Tekmira will be responsible for providing a pre-determined number of the SNALP batches over the four-year agreement. Bristol-Myers Squibb will have a first right to negotiate a licensing agreement on certain RNAi products developed by Tekmira that evolve from gene targets validated by Bristol-Myers Squibb.
Tekmira’s pipeline currently consists of RNAi therapeutic product candidate ApoB SNALP, which is being developed as a treatment for high LDL, or ‘bad’ cholesterol. ApoB SNALP is scheduled to enter a Phase 1-2 human clinical trial later this year.
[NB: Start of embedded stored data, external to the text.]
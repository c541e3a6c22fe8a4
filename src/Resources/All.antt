-- ===== src/Resources/All.antt =====
-- `EnsureAllResources` as a whole: what it leaves, what it changes, and that it settles.
use nfs_provisioner_operator.Base.{List, [], ◌∷◌, ◌≡◌, ◌∙◌, inl, inr, arith}
use nfs_provisioner_operator.Base.Lists.{Elem}
use nfs_provisioner_operator.Base.Exec.{Exec, ok, found, continue_state, continue_ok}
use nfs_provisioner_operator.Kube.Meta.{NamespacedName}
use nfs_provisioner_operator.Kube.Storage.{CustomResourceDefinition}
use nfs_provisioner_operator.Api.{NfsProvisioner}
use nfs_provisioner_operator.Cluster.{Kind, Platform, custom_resource_definition, nfs_provisioner}
use nfs_provisioner_operator.Cluster.Laws.{View, IsLawful, HasHelpers}
use nfs_provisioner_operator.Cluster.Growth.{Ref, Present, Growing, Growing-trans}
use nfs_provisioner_operator.Resources.Ensure.{Ensures, Ensures-then, Ensures-pure}
use nfs_provisioner_operator.Resources.Refs.{
  pvc_ref, service_account_ref, cluster_role_ref, cluster_role_binding_ref, role_ref,
  role_binding_ref, deployment_ref, service_ref, storage_class_ref, ClaimReady, AccessReady,
}
use nfs_provisioner_operator.Resources.Promises.{
  Ensures-pvc, Ensures-service_account, Ensures-rbac, Ensures-deployment, Ensures-service,
  Ensures-storage_class,
}
use nfs_provisioner_operator.Resources.Scc
use nfs_provisioner_operator.Resources.Scc.{crd_key}
use nfs_provisioner_operator.Resources.Scc.Promise.{
  scc_ref, SccReady, SccReady-grow, scc-grows, scc-frame, scc-makes,
}
use nfs_provisioner_operator.Resources.Manager.{
  new_resource_manager_set, ensure_each, ensure_all_resources,
}

-- The objects that the managers after the first may write.
abbrev pub rest_managed : NfsProvisioner → List Ref
rest_managed m =
    pvc_ref m
    ∷ service_account_ref m
    ∷ cluster_role_ref
    ∷ cluster_role_binding_ref
    ∷ role_ref m
    ∷ role_binding_ref m
    ∷ deployment_ref m
    ∷ service_ref m
    ∷ storage_class_ref m
    ∷ []

-- The objects that `EnsureAllResources` may write.
abbrev pub managed : NfsProvisioner → List Ref
managed m = scc_ref ∷ rest_managed m

-- All that the operator needs but the security context constraints, which a cluster may not know.
pub record IsReady (m : NfsProvisioner) (v : View) : Type 0 where
  pub claim : ClaimReady m v
  pub account : Present v (service_account_ref m)
  pub access : AccessReady m v
  pub deployment : Present v (deployment_ref m)
  pub service : Present v (service_ref m)
  pub storage_class : Present v (storage_class_ref m)

module _ (m : NfsProvisioner) where
  abbrev pub RestReady : View → Type 0
  RestReady v =
      ClaimReady m v
      × (Present v (service_account_ref m)
          × (AccessReady m v
              × (Present v (deployment_ref m)
                  × (Present v (service_ref m) × (Present v (storage_class_ref m) × Unit {0})))))

  pub IsReady-of : (v : View) → RestReady v → IsReady m v
  IsReady-of v r = record {
    claim = r.0;
    account = r.1.0;
    access = r.1.1.0;
    deployment = r.1.1.1.0;
    service = r.1.1.1.1.0;
    storage_class = r.1.1.1.1.1.0;
  }

  pub rest_of : (v : View) → IsReady m v → RestReady v
  rest_of v r =
      (r.claim, (r.account, (r.access, (r.deployment, (r.service, (r.storage_class, tt))))))

  -- Neither a definition nor the custom resource itself is managed.
  pub unmanaged_crd : (n : NamespacedName) → ¬ Elem (custom_resource_definition, n) (managed m)
  unmanaged_crd n e = ground arith

  pub unmanaged_nfs_provisioner : (n : NamespacedName) → ¬ Elem (nfs_provisioner, n) (managed m)
  unmanaged_nfs_provisioner n e = ground arith

module _ (P : Platform) (m : NfsProvisioner) where
  open P use {State, Error}

  -- The loop after the first manager.
  abbrev pub ensure_rest : Exec State Error (Unit {0})
  ensure_rest =
      let set = new_resource_manager_set P in
      ensure_each P
        (set.pvc ∷ set.service_account ∷ set.rbac ∷ set.deployment ∷ set.service ∷ set.storage_class
          ∷ [])
        m

  -- `EnsureAllResources` of the set that the operator makes.
  abbrev pub ensure_all : Exec State Error (Unit {0})
  ensure_all = ensure_all_resources P (new_resource_manager_set P) m

  abbrev pub after_constraints : State → State
  after_constraints s = (Scc.ensure_resource P m s).1

module _ (P : Platform) (L : IsLawful P) (H : HasHelpers P) (m : NfsProvisioner) where
  open P use {State, Error, get}
  open L use {view}

  pub Ensures-rest : Ensures P L (ensure_rest P m) (rest_managed m) (RestReady m)
  unfolding ensure_each
  Ensures-rest = Ensures-then P L _ _ _ _ _ _ (Ensures-pvc P L H m) (
      Ensures-then P L _ _ _ _ _ _ (Ensures-service_account P L H m) (
        Ensures-then P L _ _ _ _ _ _ (Ensures-rbac P L H m) (
          Ensures-then P L _ _ _ _ _ _ (Ensures-deployment P L H m) (
            Ensures-then P L _ _ _ _ _ _ (Ensures-service P L H m)
              (Ensures-then P L _ _ _ _ _ _ (Ensures-storage_class P L H m) (Ensures-pure P L))))))

  -- Whatever holds after the constraints, and after the rest, holds after all.
  pub ensure_all_rule :
      (R : State → Type 0) (s : State)
      → R (after_constraints P m s)
      → R (ensure_rest P m (after_constraints P m s)).1
      → R (ensure_all P m s).1
  unfolding ensure_all_resources
  ensure_all_rule R s first then =
      continue_state R (λ _. ensure_rest P m) (Scc.ensure_resource P m s).0
        (after_constraints P m s) first (λ _ _. then)

  ensure_all_ok :
      (s : State)
      → (ensure_all P m s).0 ≡ ok tt
      → ((Scc.ensure_resource P m s).0 ≡ ok tt)
        × ((ensure_rest P m (after_constraints P m s)).0 ≡ ok tt)
        × (view (ensure_all P m s).1 ≡ view (ensure_rest P m (after_constraints P m s)).1)
  unfolding ensure_all_resources
  ensure_all_ok s h =
      let (u, first, rest) =
        continue_ok (λ _. ensure_rest P m) (Scc.ensure_resource P m s).0 (after_constraints P m s)
          tt h in
      (first, rest, rw first)

  -- `EnsureAllResources`, whether it succeeds, fails or panics, takes no object away and changes
  -- none, but for security context constraints, of which it takes no user away.
  pub ensure_all_resources-Growing : (s : State) → Growing (view s) (view (ensure_all P m s).1)
  ensure_all_resources-Growing s =
      ensure_all_rule (λ t. Growing (view s) (view t)) s (scc-grows P L H m s)
        (Growing-trans _ _ _ (scc-grows P L H m s) (Ensures-rest.grows (after_constraints P m s)))

  -- `EnsureAllResources`, whether it succeeds, fails or panics, writes only the ten managed
  -- objects.
  pub ensure_all_resources-frame :
      (s : State) (k : Kind) (n : NamespacedName)
      → ¬ Elem (k, n) (managed m)
      → view (ensure_all P m s).1 k n ≡ view s k n
  ensure_all_resources-frame s k n other =
      ensure_all_rule (λ t. view t k n ≡ view s k n) s first
        (Ensures-rest.frame (after_constraints P m s) k n (λ listed. other (inr listed)) ∙ first)
    where
      first : view (after_constraints P m s) k n ≡ view s k n
      first = scc-frame P L H m s k n (λ e. other (elim e [ inl p ↦ inl p | inr b ↦ absurd b ]))

  -- If `EnsureAllResources` succeeds, all that the operator needs is in the cluster: the claim that
  -- the deployment is to use unless there is a host path, the service account, the objects of
  -- access control, the deployment, the service and the storage class.
  pub ensure_all_resources-IsReady :
      (s : State) → (ensure_all P m s).0 ≡ ok tt → IsReady m (view (ensure_all P m s).1)
  ensure_all_resources-IsReady s h =
      let (_, rest, same) = ensure_all_ok s h in
      rw same (IsReady-of m _ (Ensures-rest.makes (after_constraints P m s) rest))

  -- If `EnsureAllResources` succeeds and its read of the constraints' definition succeeded, the
  -- security context constraints are in the cluster with a user that the search for the resource's
  -- namespace finds.
  pub ensure_all_resources-SccReady :
      (s : State) (crd : CustomResourceDefinition)
      → (get custom_resource_definition crd_key s).0 ≡ found crd
      → (ensure_all P m s).0 ≡ ok tt
      → SccReady m (view (ensure_all P m s).1)
  ensure_all_resources-SccReady s crd seen h =
      let (first, _, same) = ensure_all_ok s h in
      rw same (
        SccReady-grow m _ _ (Ensures-rest.grows (after_constraints P m s))
          (scc-makes P L H m s crd seen first))
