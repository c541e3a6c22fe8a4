-- ===== src/Controller/Validate.antt =====
-- `validate` of controllers/nfsprovisioner_controller.go, in the form of its three tests.
use nfs_provisioner_operator.Base.{String, Option, none, some, ◌&&◌, ◌||◌, if◌then◌else◌, is_set}
use nfs_provisioner_operator.Api.{NfsProvisioner}

abbrev pub pvc_conflict : String
pvc_conflict = "scForPvc or hostPathDir can not set with Pvc"

abbrev pub host_path_conflict : String
host_path_conflict = "scForPvc or Pvc can not set with hostPathDir"

abbrev pub sc_conflict : String
sc_conflict = "Pvc or hostPathDir can not set with scForPvc"

-- The error's message, and `none` for nil.
unfoldable pub validate : NfsProvisioner → Option String
validate m =
    let pvc = m.spec.pvc in
    let sc = m.spec.sc_for_nfs_pvc in
    let host_path_dir = m.spec.host_path_dir in
    if is_set pvc && (is_set sc || is_set host_path_dir)
    then some pvc_conflict
    else if is_set host_path_dir && (is_set sc || is_set pvc)
    then some host_path_conflict
    else if is_set sc && (is_set pvc || is_set host_path_dir)
    then some sc_conflict
    else none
In addition, Tekmira remains on track with its second product candidate, PLK1 SNALP, to file an investigational new drug (IND) application and initiate a Phase 1 human clinical trial in the second half of 2010. PLK1 SNALP is being developed as a treatment for cancer.
Mark Murray, president and CEO of Tekmira, said: “This agreement provides Bristol-Myers Squibb with the opportunity to validate the function of certain cellular targets by using SNALP formulations supplied by Tekmira. Importantly, Bristol-Myers Squibb will share the data it generates with Tekmira. This will enable us to leverage the target validation capabilities of a global pharmaceutical company to identify our own RNAi product development opportunities.”